> **Task objective**
Say how many lines in the listing below contain the word "behind". Give the number alone.

> **Supplied information**
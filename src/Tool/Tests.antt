-- ===== src/Tool/Tests.antt =====
-- Calls of a tool on concrete arguments.
use civic_loop.Prelude.Int.{pos}
use civic_loop.Prelude.Result.{ok, err}
use civic_loop.Prelude.{some, ◌≡◌, refl, String, true, ◌&&◌, leb, if◌then◌else◌, ℕ, suc, zero}
use civic_loop.Json.{Json, Fields, null, num, str, arr, obj, nil, item, end, field, dumps}
use civic_loop.Tool.{
  Properties, bounded_json, encodable, invalid, walk, validate, validate_tool_arguments, extras,
  with_common, same_keys, matches, canonical,
}
use civic_loop.Tool.Limits.{within, bounded_json-within}
use civic_loop.Tool.Accepted.{Common, validate_tool_arguments-Common}
use civic_loop.Launch.Text.{decimal}
use Prim.Native.String.{count}

abbrev uuid : String
uuid = "1b4e28ba-2fa1-41d2-883f-0016d3cca427"

abbrev fields : Fields
fields = field "workflow_id" (str uuid) (
    field "revision_id" (num (pos 3)) (
      field "actor_id" (str "operator-1") (
        field "correlation_id" (str uuid) (
          field "request_id" (str uuid)
            (field "idempotency_key" (str "key-000000000000001") end)))))

accepted : validate_tool_arguments (str "get_event_revision") (obj fields) ≡ ok (dumps (obj fields))
unfolding validate_tool_arguments bounded_json walk encodable validate extras matches canonical
    dumps decimal
accepted = refl

unknown_tool : validate_tool_arguments (str "reset") (obj fields) ≡ err invalid
unfolding validate_tool_arguments bounded_json walk encodable validate extras dumps decimal
unknown_tool = refl

-- nine levels of lists
abbrev nested : ℕ → Json
nested zero = null
nested (suc n) = arr (item (nested n) nil)

too_deep : bounded_json (nested 9) ≡ err invalid
unfolding bounded_json walk
too_deep = refl

encoded :
    bounded_json (obj (field "b" (num (pos 12)) (field "a" (str "x\"y") end)))
    ≡ ok "{\"a\":\"x\\\"y\",\"b\":12}"
unfolding bounded_json walk encodable dumps decimal
encoded = refl

bounded_json-within_example : bounded_json (obj fields) ≡ (
    if within (obj fields) && (encodable (obj fields) && leb (count (dumps (obj fields))) 65_536)
    then ok (dumps (obj fields))
    else err invalid)
bounded_json-within_example = bounded_json-within (obj fields)

validate_tool_arguments-Common_example :
    (tool : String) × (extra : Properties) × (fs : Fields) × (str "get_event_revision" ≡ str tool)
    × (extras tool ≡ some extra)
    × (obj fields ≡ obj fs)
    × (bounded_json (obj fields) ≡ ok (dumps (obj fields)))
    × (same_keys fs (with_common extra) ≡ true)
    × Common fs
validate_tool_arguments-Common_example =
    validate_tool_arguments-Common (str "get_event_revision") (obj fields) (dumps (obj fields))
      accepted
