-- ===== src/Lowering/Lowered.antt =====
-- The function after `LowerEVMPass` against the function before it.
use evmbt.Prelude.{
  ℕ, ◌^◌, ◌<◌, ◌≡◌, ◌≢◌, arith, ◌∙◌, refl, ap, Bool, true, false, ◌||◌, Option, none, some, List,
  [], ◌∷◌, All,
}
use evmbt.Lowering.Defs.{
  Opcode, Callee, Inst, binary, call, callee, run_callee, replaced, lower_inst, lower_block,
  lower_blocks, run_on_function,
}
use evmbt.Lowering.Calls.{llvm_value, run_callee-llvm_value}

true-ne-false : true ≢ false
true-ne-false h = ground arith

or_false : (a b : Bool) → (a || b) ≡ false → (a ≡ false) × (b ≡ false)
or_false true b h = absurd (true-ne-false h)
or_false false b h = (refl, h)

-- No instruction that the pass would replace.
abbrev pub IsLow : {Val : Type 0} → Inst Val → Type 0
IsLow (binary opcode width a b) = callee width opcode ≡ none
IsLow (call func a b) = Unit

-- `R` holds of the elements at each position, and the lists have one length.
abbrev pub Pairwise {ℓ} : {A : Type ℓ} → (A → A → Type 0) → List A → List A → Type 0
Pairwise R [] [] = Unit
Pairwise R [] (y ∷ ys) = ⊥
Pairwise R (x ∷ xs) [] = ⊥
Pairwise R (x ∷ xs) (y ∷ ys) = R x y × Pairwise R xs ys

module _ {Val : Type 0} (env : Val → ℕ) (others : ℕ → ℕ → ℕ → ℕ → Option ℕ) where
  -- The number that an instruction gives, its operands standing for the numbers of `env`.
  abbrev pub value_of : Inst Val → Option ℕ
  value_of (binary opcode width a b) = llvm_value others width opcode (env a) (env b)
  value_of (call func a b) = run_callee func (env a) (env b)

  -- The operands fit the instruction's type.
  abbrev pub IsTyped : Inst Val → Type 0
  IsTyped (binary opcode width a b) = (env a < 2 ^ width) × (env b < 2 ^ width)
  IsTyped (call func a b) = Unit

  -- What is defined stays defined, with the same number.
  abbrev pub Refines : Inst Val → Inst Val → Type 0
  Refines i j = (n : ℕ) → value_of i ≡ some n → value_of j ≡ some n

  -- What the pass is to do with an instruction: refine it, leave nothing to lower, and say so
  -- where it changes something.
  abbrev pub LowersTo : Inst Val → Inst Val × Bool → Type 0
  LowersTo i lowered = Refines i lowered.0 × IsLow lowered.0 × (lowered.1 ≡ false → lowered.0 ≡ i)

  replaced-LowersTo :
      (op : Opcode) (w : ℕ) (a b : Val) (o : Option Callee)
      → IsTyped (binary op w a b)
      → callee w op ≡ o
      → LowersTo (binary op w a b) (replaced o op w a b)
  unfolding replaced
  replaced-LowersTo op w a b none t e = (λ n h. h, e, λ h. refl)
  replaced-LowersTo op w a b (some f) t e = (
    λ n h. run_callee-llvm_value others w op f (env a) (env b) n e t.0 t.1 h,
    tt,
    λ h. absurd (true-ne-false h),
  )

  lower_inst-LowersTo : (i : Inst Val) → IsTyped i → LowersTo i (lower_inst i)
  unfolding lower_inst
  lower_inst-LowersTo (binary op w a b) t = replaced-LowersTo op w a b (callee w op) t refl
  lower_inst-LowersTo (call f a b) t = (λ n h. h, tt, λ h. refl)

  -- The same for a block, with the flag before it.
  abbrev pub BlockLowers : List (Inst Val) → Bool → List (Inst Val) × Bool → Type 0
  BlockLowers block modified lowered =
      Pairwise Refines block lowered.0
      × All IsLow lowered.0
      × (lowered.1 ≡ false → (modified ≡ false) × (lowered.0 ≡ block))

  lower_block-BlockLowers :
      (block : List (Inst Val)) (modified : Bool)
      → All IsTyped block
      → BlockLowers block modified (lower_block block modified)
  unfolding lower_block
  lower_block-BlockLowers [] modified t = (tt, tt, λ h. (h, refl))
  lower_block-BlockLowers (i ∷ is) modified t =
      let first = lower_inst-LowersTo i t.0 in
      let rest = lower_block-BlockLowers is (modified || (lower_inst i).1) t.1 in
      (
        (first.0, rest.0),
        (first.1, rest.1),
        λ h.
            let r = rest.2 h in
            let o = or_false modified (lower_inst i).1 r.0 in
            (
              o.0,
              ap (λ x. x ∷ (lower_block is (modified || (lower_inst i).1)).0) (first.2 o.1)
                  ∙ ap (λ xs. i ∷ xs) r.1,
            ),
      )

  abbrev pub BlocksLower : List (List (Inst Val)) → Bool → List (List (Inst Val)) × Bool → Type 0
  BlocksLower blocks modified lowered =
      Pairwise (Pairwise Refines) blocks lowered.0
      × All (All IsLow) lowered.0
      × (lowered.1 ≡ false → (modified ≡ false) × (lowered.0 ≡ blocks))

  lower_blocks-BlocksLower :
      (blocks : List (List (Inst Val))) (modified : Bool)
      → All (All IsTyped) blocks
      → BlocksLower blocks modified (lower_blocks blocks modified)
  unfolding lower_blocks
  lower_blocks-BlocksLower [] modified t = (tt, tt, λ h. (h, refl))
  lower_blocks-BlocksLower (b ∷ bs) modified t =
      let first = lower_block-BlockLowers b modified t.0 in
      let rest = lower_blocks-BlocksLower bs (lower_block b modified).1 t.1 in
      (
        (first.0, rest.0),
        (first.1, rest.1),
        λ h.
            let r = rest.2 h in
            let o = first.2 r.0 in
            (
              o.0,
              ap (λ x. x ∷ (lower_blocks bs (lower_block b modified).1).0) o.1
                  ∙ ap (λ xs. b ∷ xs) r.1,
            ),
      )

  -- On a function whose operands fit their types, the pass keeps every block and every instruction
  -- in its place, with the number that LLVM defines for it; it leaves no wide division or product
  -- that it knows; and where it does not report a change there is none.
  pub run_on_function-BlocksLower :
      (blocks : List (List (Inst Val)))
      → All (All IsTyped) blocks
      → BlocksLower blocks false (run_on_function blocks)
  unfolding run_on_function
  run_on_function-BlocksLower blocks t = lower_blocks-BlocksLower blocks false t
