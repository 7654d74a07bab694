-- ===== src/Machine.antt =====
-- The EVMC instance of evmtrans/BinaryTrans.cpp: its map of compiled functions, `execute` and
-- `setOption`. The eWASM engine that it hands code to is a parameter. Locks, messages on the
-- console and LLVM's target machine are left out.
pub mod Defs
pub mod Failing
pub mod CodeId
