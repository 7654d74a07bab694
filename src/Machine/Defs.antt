-- ===== src/Machine/Defs.antt =====
-- `BTImpl`, `makeCodeId`, `nativeResult`, `execute` and `setOption`. Texts are lists of codes.
use Prim.Native.Nat.{bit_and}
use mathlib.Core.List.{reverse}
use evmbt.Prelude.{
  ℕ, ◌+◌, ◌/◌, ◌%◌, ◌^◌, List, [], ◌∷◌, Bool, true, false, ◌&&◌, ◌||◌, Option, none, some, leb, ltb,
  ◌==◌, if◌then◌else◌, ◌>>=◌,
}

-- `hexChars[n]`
abbrev pub hex_char : ℕ → ℕ
hex_char n = if ltb n 10 then 48 + n else 87 + n

-- `makeCodeId`, of the bytes of the destination.
unfoldable pub make_code_id : List ℕ → List ℕ
make_code_id [] = []
make_code_id (b ∷ bytes) = hex_char (b / 2 ^ 4) ∷ hex_char (bit_and b 0xf) ∷ make_code_id bytes

-- `std::string`'s comparison.
unfoldable pub same_text : List ℕ → List ℕ → Bool
same_text [] [] = true
same_text [] (d ∷ ds) = false
same_text (c ∷ cs) [] = false
same_text (c ∷ cs) (d ∷ ds) = c == d && same_text cs ds

-- `CodeMapEntry`, with the bytes of a `codeGenResult` for its address.
pub record CodeMapEntry : Type 0 where
  pub func : Option (List ℕ)
  pub hits : ℕ

abbrev pub CodeMap : Type 0
CodeMap = List (List ℕ × CodeMapEntry)

-- `++entry.hits`, on a `size_t`.
abbrev pub hit : CodeMapEntry → CodeMapEntry
hit entry = record entry { hits = (entry.hits + 1) % 2 ^ 64 }

-- `BTImpl::getExecFunc`: the entry behind the hit, and the map with it.
unfoldable pub get_exec_func : List ℕ → CodeMap → CodeMapEntry × CodeMap
unfolding same_text
get_exec_func id [] =
    let entry = hit (record { func = none; hits = 0 }) in (entry, (id, entry) ∷ [])
get_exec_func id (row ∷ rows) =
    let rest = get_exec_func id rows in
    if same_text row.0 id then (hit row.1, (row.0, hit row.1) ∷ rows) else (rest.0, row ∷ rest.1)

-- `BTImpl::mapExecFunc`
unfoldable pub map_exec_func : List ℕ → List ℕ → CodeMap → CodeMap
unfolding same_text
map_exec_func id func [] = (id, record { func = some func; hits = 0 }) ∷ []
map_exec_func id func (row ∷ rows) =
    let rest = map_exec_func id func rows in
    if same_text row.0 id then (row.0, record row.1 { func = some func }) ∷ rows else row ∷ rest

-- `BTImpl::compile` returns a null pointer; its other lines are comments.
unfoldable pub compile : List ℕ → Option (List ℕ)
compile code = none

-- The status codes, and a result with its output. `engine_status` is one that the engine gives.
pub data Status : Type 0 where
  rejected : Status
  internal_error : Status
  engine_status : ℕ → Status

pub record Result : Type 0 where
  pub status : Status
  pub output : List ℕ

pub record Message : Type 0 where
  pub destination : List ℕ
  pub code : List ℕ

-- The fields of `BTImpl` that `execute` changes. A host is the address of its table of functions,
-- and `none` the null pointer.
pub record Instance : Type 0 where
  pub host : Option ℕ
  pub code_map : CodeMap
  pub current_msg : Option Message

abbrev pub hit_threshold : ℕ
hit_threshold = 0

abbrev pub failed : Status → Result
failed status = record { status = status; output = [] }

-- `nativeResult`: a copy of the output in the opposite order.
abbrev pub native_result : Result → Result
native_result result = record result { output = reverse result.output }

-- `func->getCodeSize() == 0`
abbrev pub is_empty : List ℕ → Bool
is_empty [] = true
is_empty (b ∷ bytes) = false

-- `if (!bt.host) bt.host = context->host;`
abbrev pub set_host : Option ℕ → ℕ → ℕ
set_host none host = host
set_host (some kept) host = kept

module _ (hera_execute : Message → List ℕ → Result) where
  -- The engine's run, and the return of `execute` behind it.
  unfoldable pub run_engine : ℕ → Option Message → CodeMap → Message → List ℕ → Result × Instance
  run_engine host prev_msg code_map msg func =
      let result = hera_execute msg func in
      (
        if is_empty result.output then result else native_result result,
        record { host = some host; code_map = code_map; current_msg = prev_msg },
      )

  -- What `compile` returned, for code that has no function yet.
  unfoldable pub use_compiled :
      ℕ → Option (List ℕ) → List ℕ → Message → CodeMap → Option Message → Result × Instance
  unfolding map_exec_func run_engine
  use_compiled host none id msg code_map prev_msg = (
    failed internal_error,
    record { host = some host; code_map = code_map; current_msg = some msg },
  )
  use_compiled host (some func) id msg code_map prev_msg =
      if is_empty func
      then (
        failed internal_error,
        record { host = some host; code_map = code_map; current_msg = some msg },
      )
      else run_engine host prev_msg (map_exec_func id func code_map) msg func

  -- The entry that `getExecFunc` returned.
  unfoldable pub use_entry :
      ℕ → Option (List ℕ) → ℕ → List ℕ → Message → CodeMap → Option Message → Result × Instance
  unfolding compile run_engine use_compiled
  use_entry host (some func) hits id msg code_map prev_msg =
      run_engine host prev_msg code_map msg func
  use_entry host none hits id msg code_map prev_msg =
      if leb hits hit_threshold
      then (
        failed rejected,
        record { host = some host; code_map = code_map; current_msg = some msg },
      )
      else use_compiled host (compile msg.code) id msg code_map prev_msg

  -- `execute`, with `host` for `context->host`; `none` is the assertion on it.
  unfoldable pub execute : ℕ → Message → Instance → Option (Result × Instance)
  unfolding make_code_id get_exec_func use_entry
  execute host msg bt =
      let kept = set_host bt.host host in
      let id = make_code_id msg.destination in
      let found = get_exec_func id bt.code_map in
      if kept == host
      then some (use_entry kept found.0.func found.0.hits id msg found.1 bt.current_msg)
      else none

  -- Executions one after the other, each with its host.
  unfoldable pub execute_all : List (ℕ × Message) → Instance → Option (List Result × Instance)
  unfolding execute
  execute_all [] bt = some ([], bt)
  execute_all ((host, msg) ∷ msgs) bt = do
    (result, bt') ← execute host msg bt
    (results, bt'') ← execute_all msgs bt'
    some (result ∷ results, bt'')

-- What `setOption` answers. `value` is `none` for a null pointer.
pub data SetOption : Type 0 where
  option_success : SetOption
  invalid_name : SetOption
  invalid_value : SetOption

-- "verbose"
abbrev pub verbose : List ℕ
verbose = 118 ∷ 101 ∷ 114 ∷ 98 ∷ 111 ∷ 115 ∷ 101 ∷ []

unfoldable pub set_option : List ℕ → Option (List ℕ) → SetOption
unfolding same_text
set_option name value =
    let known : SetOption = elim value [
      | none ↦ invalid_value
      | some text ↦
          if same_text text (49 ∷ []) || same_text text (48 ∷ [])
          then option_success
          else invalid_value
    ] in
    if same_text name verbose then known else invalid_name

> **Solution to this task**
2